Directions: Once you have read the entries, copy all of them exactly.
========
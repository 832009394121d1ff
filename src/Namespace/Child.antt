-- ===== src/Namespace/Child.antt =====
-- `child_main` of src/namespace.rs. A run that ends in `ok` is one in which the command has taken
-- over the process.
use Prim.Native.Nat.{bit_or}
use virturust.Base.{
  ℕ, Bool, not, ◌||◌, List, [], ◌∷◌, Option, none, some, ltb, if◌then◌else◌, map, sync_failed,
  bad_hostname, hostname_failed, chdir_failed, no_command, exec_failed, null_byte, panicked,
  command_failed,
}
use virturust.Text.{Text, codes, is_empty}
use virturust.Text.Files.{FilePath}
use virturust.Text.Splitting.{split_once}
use virturust.Security.Caps.{contains, drop_capabilities}
use virturust.Security.Filter.{apply_seccomp_filter}
use virturust.Security.Hardening.{mask_paths, ms_rdonly, ms_remount, ms_bind}
use virturust.Network.Command.{output, started}
use virturust.Sys.{
  Action, pure, throw, ◌>>=◌, ◌>>◌, attempt, require, drop_answer, ignore, for_each, when, acquire,
  setsid, control_terminal, close, read_sync, sethostname, write_file, setenv, chdir, mount, dup2,
  exec,
}
use virturust.Config.{VolumeMount}
use virturust.Filesystem.{setup_container_fs}
use virturust.Namespace.User.{apply_user}

pub record ChildArgs : Type 0 where
  pub rootfs : FilePath
  pub hostname : Text
  pub command : List Text
  pub sync_pipe_rd : ℕ
  pub volumes : List VolumeMount
  pub env : List Text
  pub working_dir : Text
  pub user : Text
  pub network_mode : Text
  pub stdout_log : Text
  pub stderr_log : Text
  pub rootless : Bool
  pub privileged : Bool
  pub read_only : Bool
  pub pty_slave_fd : Option ℕ

abbrev pub has_null : Text → Bool
has_null s = contains s 0

-- `set_var` panics at an empty key and at a null byte; an entry with no `=` is passed over.
unfoldable pub apply_env : Text → Action (Unit {0})
apply_env entry = elim (split_once b'=' entry) [
  | none ↦ pure tt
  | some (key, value) ↦ do
    require panicked (not (is_empty key || has_null key || has_null value))
    drop_answer (setenv key value)
]

-- The log file is opened before the root changes; `none` if it is not wanted or cannot be created.
unfoldable pub open_log : Text → Action (Option ℕ)
open_log path = if is_empty path then pure none else acquire (write_file path [])

-- Only a program that cannot be started is an error.
unfoldable pub setup_loopback : Action (Unit {0})
setup_loopback = do
  o ← output (codes "ip") (map codes ("link" ∷ "set" ∷ "lo" ∷ "up" ∷ []))
  require command_failed (started o)

-- `child_main` up to the container's file system.
unfoldable pub await_parent : ChildArgs → Action (Option ℕ)
await_parent args = do
  attempt sync_failed read_sync
  drop_answer (close args.sync_pipe_rd)
  require bad_hostname (not (has_null args.hostname))
  attempt hostname_failed (sethostname args.hostname)
  open_log args.stdout_log

-- From the loopback interface to the read-only root.
unfoldable pub set_surroundings : ChildArgs → Action (Unit {0})
set_surroundings args = do
  ignore setup_loopback
  for_each args.env apply_env
  when (not (is_empty args.working_dir)) (attempt chdir_failed (chdir args.working_dir))
  when args.read_only
      (drop_answer (mount [] (codes "/") [] (bit_or ms_remount (bit_or ms_rdonly ms_bind))))

-- The two steps that follow the change of user.
unfoldable pub harden : Action (Unit {0})
harden = do ignore drop_capabilities; ignore apply_seccomp_filter

unfoldable pub restrict : ChildArgs → Action (Unit {0})
restrict args = do
  when (not args.privileged) (ignore mask_paths)
  when (not (is_empty args.user)) (apply_user args.user)
  when (not args.privileged) harden

-- The terminal's slave end, or else the log file, becomes the standard output and error.
unfoldable pub redirect : Option ℕ → Option ℕ → Action (Unit {0})
redirect (some slave) log = do
  drop_answer setsid
  drop_answer (control_terminal slave)
  drop_answer (dup2 slave 0)
  drop_answer (dup2 slave 1)
  drop_answer (dup2 slave 2)
  when (ltb 2 slave) (drop_answer (close slave))
redirect none (some fd) = do
  drop_answer (dup2 fd 1)
  drop_answer (dup2 fd 2)
  drop_answer (close fd)
redirect none none = pure tt

-- The arguments are checked for null bytes: an error for the first, a panic for the others.
unfoldable pub check_args : List Text → Action (Unit {0})
check_args [] = throw no_command
check_args (cmd ∷ args) = do
  require null_byte (not (has_null cmd))
  for_each args (λ a. require panicked (not (has_null a)))

-- The arguments, the environment and the standard streams of the command.
unfoldable pub prepare_exec : ChildArgs → Option ℕ → Action (Unit {0})
prepare_exec args log = do
  check_args args.command
  drop_answer
      (setenv (codes "PATH") (codes "/usr/local/sbin:/usr/local/bin:/usr/sbin:/usr/bin:/sbin:/bin"))
  drop_answer (setenv (codes "TERM") (codes "xterm-256color"))
  drop_answer (setenv (codes "ENV") (codes "/etc/profile.d/corten.sh"))
  redirect args.pty_slave_fd log

unfoldable pub child_main : ChildArgs → Action (Unit {0})
child_main args = do
  log ← await_parent args
  setup_container_fs args.rootfs args.volumes
  set_surroundings args
  restrict args
  prepare_exec args log
  attempt exec_failed (exec args.command)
========
Solved problem:
repository 832009394121d1ff
filename src/Namespace/Child.antt
-- ===== src/Namespace/Child.antt =====
-- `child_main` of src/namespace.rs. A run that ends in `ok` is one in which the command has taken
-- over the process.
use Prim.Native.Nat.{bit_or}
use virturust.Base.{
  ℕ, Bool, not, ◌||◌, List, [], ◌∷◌, Option, none, some, ltb, if◌then◌else◌, map, sync_failed,
  bad_hostname, hostname_failed, chdir_failed, no_command, exec_failed, null_byte, panicked,
  command_failed,
}
use virturust.Text.{Text, codes, is_empty}
use virturust.Text.Files.{FilePath}
use virturust.Text.Splitting.{split_once}
use virturust.Security.Caps.{contains, drop_capabilities}
use virturust.Security.Filter.{apply_seccomp_filter}
use virturust.Security.Hardening.{mask_paths, ms_rdonly, ms_remount, ms_bind}
use virturust.Network.Command.{output, started}
use virturust.Sys.{
  Action, pure, throw, ◌>>=◌, ◌>>◌, attempt, require, drop_answer, ignore, for_each, when, acquire,
  setsid, control_terminal, close, read_sync, sethostname, write_file, setenv, chdir, mount, dup2,
  exec,
}
use virturust.Config.{VolumeMount}
use virturust.Filesystem.{setup_container_fs}
use virturust.Namespace.User.{apply_user}

pub record ChildArgs : Type 0 where
  pub rootfs : FilePath
  pub hostname : Text
  pub command : List Text
  pub sync_pipe_rd : ℕ
  pub volumes : List VolumeMount
  pub env : List Text
  pub working_dir : Text
  pub user : Text
  pub network_mode : Text
  pub stdout_log : Text
  pub stderr_log : Text
  pub rootless : Bool
  pub privileged : Bool
  pub read_only : Bool
  pub pty_slave_fd : Option ℕ

abbrev pub has_null : Text → Bool
has_null s = contains s 0

-- `set_var` panics at an empty key and at a null byte; an entry with no `=` is passed over.
unfoldable pub apply_env : Text → Action (Unit {0})
apply_env entry = elim (split_once b'=' entry) [
  | none ↦ pure tt
  | some (key, value) ↦ do
    require panicked (not (is_empty key || has_null key || has_null value))
    drop_answer (setenv key value)
]

-- The log file is opened before the root changes; `none` if it is not wanted or cannot be created.
unfoldable pub open_log : Text → Action (Option ℕ)
open_log path = if is_empty path then pure none else acquire (write_file path [])

-- Only a program that cannot be started is an error.
unfoldable pub setup_loopback : Action (Unit {0})
setup_loopback = do
  o ← output (codes "ip") (map codes ("link" ∷ "set" ∷ "lo" ∷ "up" ∷ []))
  require command_failed (started o)

-- `child_main` up to the container's file system.
unfoldable pub await_parent : ChildArgs → Action (Option ℕ)
await_parent args = do
  attempt sync_failed read_sync
  drop_answer (close args.sync_pipe_rd)
  require bad_hostname (not (has_null args.hostname))
  attempt hostname_failed (sethostname args.hostname)
  open_log args.stdout_log

-- From the loopback interface to the read-only root.
unfoldable pub set_surroundings : ChildArgs → Action (Unit {0})
set_surroundings args = do
  ignore setup_loopback
  for_each args.env apply_env
  when (not (is_empty args.working_dir)) (attempt chdir_failed (chdir args.working_dir))
  when args.read_only
      (drop_answer (mount [] (codes "/") [] (bit_or ms_remount (bit_or ms_rdonly ms_bind))))

-- The two steps that follow the change of user.
unfoldable pub harden : Action (Unit {0})
harden = do ignore drop_capabilities; ignore apply_seccomp_filter

unfoldable pub restrict : ChildArgs → Action (Unit {0})
restrict args = do
  when (not args.privileged) (ignore mask_paths)
  when (not (is_empty args.user)) (apply_user args.user)
  when (not args.privileged) harden

-- The terminal's slave end, or else the log file, becomes the standard output and error.
unfoldable pub redirect : Option ℕ → Option ℕ → Action (Unit {0})
redirect (some slave) log = do
  drop_answer setsid
  drop_answer (control_terminal slave)
  drop_answer (dup2 slave 0)
  drop_answer (dup2 slave 1)
  drop_answer (dup2 slave 2)
  when (ltb 2 slave) (drop_answer (close slave))
redirect none (some fd) = do
  drop_answer (dup2 fd 1)
  drop_answer (dup2 fd 2)
  drop_answer (close fd)
redirect none none = pure tt

-- The arguments are checked for null bytes: an error for the first, a panic for the others.
unfoldable pub check_args : List Text → Action (Unit {0})
check_args [] = throw no_command
check_args (cmd ∷ args) = do
  require null_byte (not (has_null cmd))
  for_each args (λ a. require panicked (not (has_null a)))

-- The arguments, the environment and the standard streams of the command.
unfoldable pub prepare_exec : ChildArgs → Option ℕ → Action (Unit {0})
prepare_exec args log = do
  check_args args.command
  drop_answer
      (setenv (codes "PATH") (codes "/usr/local/sbin:/usr/local/bin:/usr/sbin:/usr/bin:/sbin:/bin"))
  drop_answer (setenv (codes "TERM") (codes "xterm-256color"))
  drop_answer (setenv (codes "ENV") (codes "/etc/profile.d/corten.sh"))
  redirect args.pty_slave_fd log

unfoldable pub child_main : ChildArgs → Action (Unit {0})
child_main args = do
  log ← await_parent args
  setup_container_fs args.rootfs args.volumes
  set_surroundings args
  restrict args
  prepare_exec args log
  attempt exec_failed (exec args.command)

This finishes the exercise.